WNT2 blockade augments antitumor immunity by attenuating myeloid-derived suppressor cells in colorectal cancer

Abstract

Colorectal cancer (CRC) ranks as one of the most common malignancies worldwide. Myeloid-derived suppressor cells (MDSCs) represent an immunosuppressive heterogeneous population of immature monocytes and granulocytes constituting a major obstacle for CRC therapy. Previous studies demonstrated that WNT2 is enriched in tumor microenvironment (TME), promoting CRC progression. However, the role of WNT2 in regulating MDSCs to facilitate CRC progression remains largely unexplored. Our analysis of The Cancer Genome Atlas (TCGA) database and blood samples from 50 primary and recurrent CRC patients revealed a positive correlation between WNT2 expression and MDSCs abundance. Treatment with recombinant WNT2 protein significantly enhanced the accumulation and immunosuppressive function of MDSCs in vitro. Conversely, anti-WNT2 monoclonal antibody remarkably reduced the percentage and functional activity of MDSCs in CRC tumor-bearing mice.
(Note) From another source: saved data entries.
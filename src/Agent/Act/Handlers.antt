-- ===== src/Agent/Act/Handlers.antt =====
-- What the node "act" does for each action, up to the tool's result.
use browser_agent.Common.{
  ℕ, String, Bool, true, ◌&&◌, Option, none, some, List, [], ◌∷◌, str_eq, ltb, if◌then◌else◌,
  get_elem?, length, keep_if, find_first, decimal_02, split_slash, contains,
}
use Prim.Native.String.{◌++◌ as text_append}
use mathlib.Core.List.{reverse}
use browser_agent.Json.{
  ℤ, pos, negsuc, Json, null, Fields, get, is_object, to_list, items_or_empty, truthy,
  fields_or_empty,
}
use browser_agent.Agent.Effect.{
  Failure, exception, no_search_result, no_vision_model, vision_failed, Result, ok, raised, Eff,
}
use browser_agent.Agent.Step.{Action, Descriptor, text_at, or_text, text_or, or_default, int_at}
use browser_agent.Agent.Observations.{Observation, data_of}
use browser_agent.Agent.Tools
use browser_agent.Agent.Tools.{ToolResult, is_ok, Output, no_output, Mark}
use browser_agent.Agent.Descriptor.{match_descriptor, vision_resolve, descriptor_for}
use browser_agent.Agent.State.{Deps}

-- The tool's result with the descriptor that the step now carries, or the action that is over.
pub data Acted : Type 0 where
  result : ToolResult → Option Descriptor → Acted
  finished : Acted
  unknown : String → Acted

-- `step.get("target") or step.get("url") or … or ""`
pub target_of : Fields → String
target_of d =
    text_or
      (or_text (text_at "target" d) (
        or_text (text_at "url" d) (
          or_text (text_at "selector" d) (
            or_text (text_at "text" d)
              (or_text (text_at "name" d) (or_text (text_at "path" d) (some "")))))))
      ""

-- `step.get("folder") or step.get("directory") or step.get("subfolder")`
abbrev pub folder_of : Fields → Option String
folder_of d = or_text (text_at "folder" d) (or_text (text_at "directory" d) (text_at "subfolder" d))

-- A folder that stands in the name, if none is given.
pub folder_and_name : Option String → String → Option String × String
folder_and_name (some folder) name = (some folder, name)
folder_and_name none name = elim (split_slash name) [
  | none ↦ (none, name)
  | some (folder, rest) ↦ (some folder, rest)
]

-- The results of the latest search that had any.
abbrev pub search_results : Observation → List Json
search_results o =
    to_list (items_or_empty (get "results" (fields_or_empty (get "search" (data_of o)))))

abbrev pub has_results : Observation → Bool
has_results o = truthy (get "results" (fields_or_empty (get "search" (data_of o))))

pub latest_results : List Observation → List Json
latest_results observations = elim (find_first has_results (reverse observations)) [
  | none ↦ []
  | some o ↦ search_results o
]

-- `x.get("url") or ""`
abbrev pub url_of : Json → String
url_of v = or_default (text_at "url" (fields_or_empty v)) ""

pub search_candidates : String → List Json → List Json
search_candidates url_filter results =
    if str_eq url_filter ""
    then keep_if is_object results
    else keep_if (λ x. is_object x && contains (url_of x) url_filter) results

-- `candidates[i]` for a Python index below the length, from the end if it is negative; none is an
-- IndexError.
abbrev pub nth : List Json → ℤ → Option Json
nth xs (pos n) = get_elem? xs n
nth xs (negsuc n) = get_elem? (reverse xs) n

-- `i < len(candidates)`
abbrev pub below_length : ℤ → List Json → Bool
below_length (pos n) xs = ltb n (length xs)
below_length (negsuc n) xs = true

abbrev pub tool_error : String → Failure → ToolResult
tool_error name e = record { tool_name = name; output = no_output; error = some e }

-- `f"step_{idx:02d}{suffix}"`
abbrev pub step_name : ℕ → String → String
step_name idx suffix = text_append "step_" (text_append (decimal_02 idx) suffix)

module _ {W : Type 0} (deps : Deps W) where
  abbrev pub give : ToolResult × W → Result Acted × W
  give (r, w) = (ok (result r none), w)

  unfoldable pub goto_search_result : Fields → List Observation → Eff W Acted
  unfolding latest_results search_candidates
  goto_search_result d observations w =
      let url_filter =
        or_default
          (or_text (text_at "url_filter" d) (or_text (text_at "filter" d) (text_at "target" d)))
          "" in
      let i = int_at "index" (pos 0) d in
      let candidates = search_candidates url_filter (latest_results observations) in
      if below_length i candidates
      then elim (nth candidates i) [
        | none ↦ (raised (exception "IndexError"), w)
        | some chosen ↦ give (Tools.goto deps.browser (url_of chosen) w)
      ]
      else (ok (result (tool_error "agent.goto_search_result" no_search_result) none), w)

  -- The click or the typing on the element that was chosen.
  unfoldable pub act_on_mark : Mark → String → Option Descriptor → Eff W Acted
  act_on_mark chosen typed_value written w =
      let (r, w') =
        if str_eq typed_value ""
        then Tools.click_mark deps.browser chosen.mark_id w
        else Tools.type_mark deps.browser chosen.mark_id typed_value w in
      (ok (result r written), w')

  abbrev pub first_or_null : List Json → Json
  first_or_null [] = null
  first_or_null (x ∷ xs) = x

  -- The element by the model of the role "vision", where the cached descriptor finds none.
  unfoldable pub act_by_vision : String → String → ToolResult → Eff W Acted
  unfolding act_on_mark
  act_by_vision intent typed_value ann w = elim deps.vision [
    | none ↦ (ok (result (tool_error "agent.visual_do" no_vision_model) none), w)
    | some ask ↦
        let marks = ann.output.marks in
        let (r, w') =
          vision_resolve deps.search_re (ask intent (first_or_null ann.output.artifacts) marks)
            marks w in
        elim r [
          | raised e ↦ (ok (result (tool_error "agent.visual_do" (vision_failed e)) none), w')
          | ok (chosen, hint) ↦
              act_on_mark chosen typed_value
                (some (descriptor_for deps.search_re chosen marks hint)) w'
        ]
  ]

  unfoldable pub visual_do : ℕ → Action → Eff W Acted
  unfolding act_by_vision act_on_mark
  visual_do idx step w =
      let intent =
        or_default (or_text (text_at "intent" step.given) (text_at "target" step.given)) "" in
      let typed_value = or_default (text_at "value" step.given) "" in
      let (ann, w') = Tools.annotate deps.browser (step_name idx "_annotated") w in
      if is_ok ann
      then elim (match_descriptor deps.search_re step.resolved ann.output.marks) [
        | some chosen ↦ act_on_mark chosen typed_value none w'
        | none ↦ act_by_vision intent typed_value ann w'
      ]
      else (ok (result ann none), w')

  unfoldable pub screenshot : ℕ → Fields → Eff W Acted
  unfolding folder_and_name target_of
  screenshot idx d w =
      let mode = or_default (text_at "mode" d) "viewport" in
      let named = or_default (some (target_of d)) (step_name idx "") in
      let (folder, name) = folder_and_name (folder_of d) named in
      give (Tools.screenshot deps.browser name mode folder w)

  unfoldable pub screenshot_all : ℕ → Fields → Eff W Acted
  unfolding folder_and_name target_of
  screenshot_all idx d w =
      let named = or_default (some (target_of d)) (step_name idx "_all") in
      let (folder, name) = folder_and_name (folder_of d) named in
      give (Tools.screenshot_all deps.browser name folder w)

  unfoldable pub visit_each_link : Fields → Eff W Acted
  unfolding folder_and_name
  visit_each_link d w =
      let named =
        or_default
          (or_text (text_at "name_template" d) (or_text (text_at "name" d) (text_at "target" d)))
          "item_{i:02d}" in
      let (folder, template) = folder_and_name (folder_of d) named in
      let pattern = or_default (or_text (text_at "url_pattern" d) (text_at "pattern" d)) "/" in
      give
        (Tools.visit_each_link deps.browser pattern (int_at "limit" (pos 10) d) template folder w)

  -- `int(step.get("mark_id", step.get("index", -1)))`
  abbrev pub mark_id_of : Fields → ℤ
  mark_id_of d = int_at "mark_id" (int_at "index" (negsuc 0) d) d

  -- The ladder over `step.get("action")`.
  unfoldable pub handle : ℕ → Action → Fields → List Observation → Eff W Acted
  unfolding screenshot screenshot_all visit_each_link goto_search_result visual_do target_of
  handle idx step schema observations w =
      let d = step.given in
      let action = text_or (text_at "action" d) "" in
      let target = target_of d in
      let value = text_or (text_at "value" d) "" in
      if str_eq action "goto"
      then give (Tools.goto deps.browser target w)
      else if str_eq action "click"
      then give (Tools.click deps.browser target w)
      else if str_eq action "type"
      then give (Tools.type deps.browser target value w)
      else if str_eq action "screenshot"
      then screenshot idx d w
      else if str_eq action "screenshot_all"
      then screenshot_all idx d w
      else if str_eq action "search"
      then give (
          Tools.web_search deps.browser
            (or_default (or_text (text_at "query" d) (text_at "q" d)) target)
            (int_at "limit" (pos 5) d) w)
      else if str_eq action "goto_search_result"
      then goto_search_result d observations w
      else if str_eq action "scroll"
      then give
          (Tools.scroll deps.browser (or_default (or_text (some target) (some value)) "down") w)
      else if str_eq action "scroll_to"
      then give (Tools.scroll_to deps.browser target w)
      else if str_eq action "visit_each_link"
      then visit_each_link d w
      else if str_eq action "visual_do"
      then visual_do idx step w
      else if str_eq action "annotate"
      then give
          (Tools.annotate deps.browser (or_default (some target) (step_name idx "_annotated")) w)
      else if str_eq action "click_mark"
      then give (Tools.click_mark deps.browser (mark_id_of d) w)
      else if str_eq action "type_mark"
      then give (Tools.type_mark deps.browser (mark_id_of d) value w)
      else if str_eq action "extract"
      then give (Tools.extract deps.browser schema w)
      else if str_eq action "done"
      then (ok finished, w)
      else (ok (unknown action), w)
Mechanistic analyses further demonstrated that WNT2 mediates MDSCs activities through the p38 MAPK/Akt pathway. Collectively, our findings not only highlight the pivotal role of WNT2 in CRC progression by enhancing MDSCs activities within the TME, but also provide evidence that WNT2 levels and MDSCs abundance in peripheral blood could serve as predictive biomarkers for early diagnosis and prognosis of CRC patients.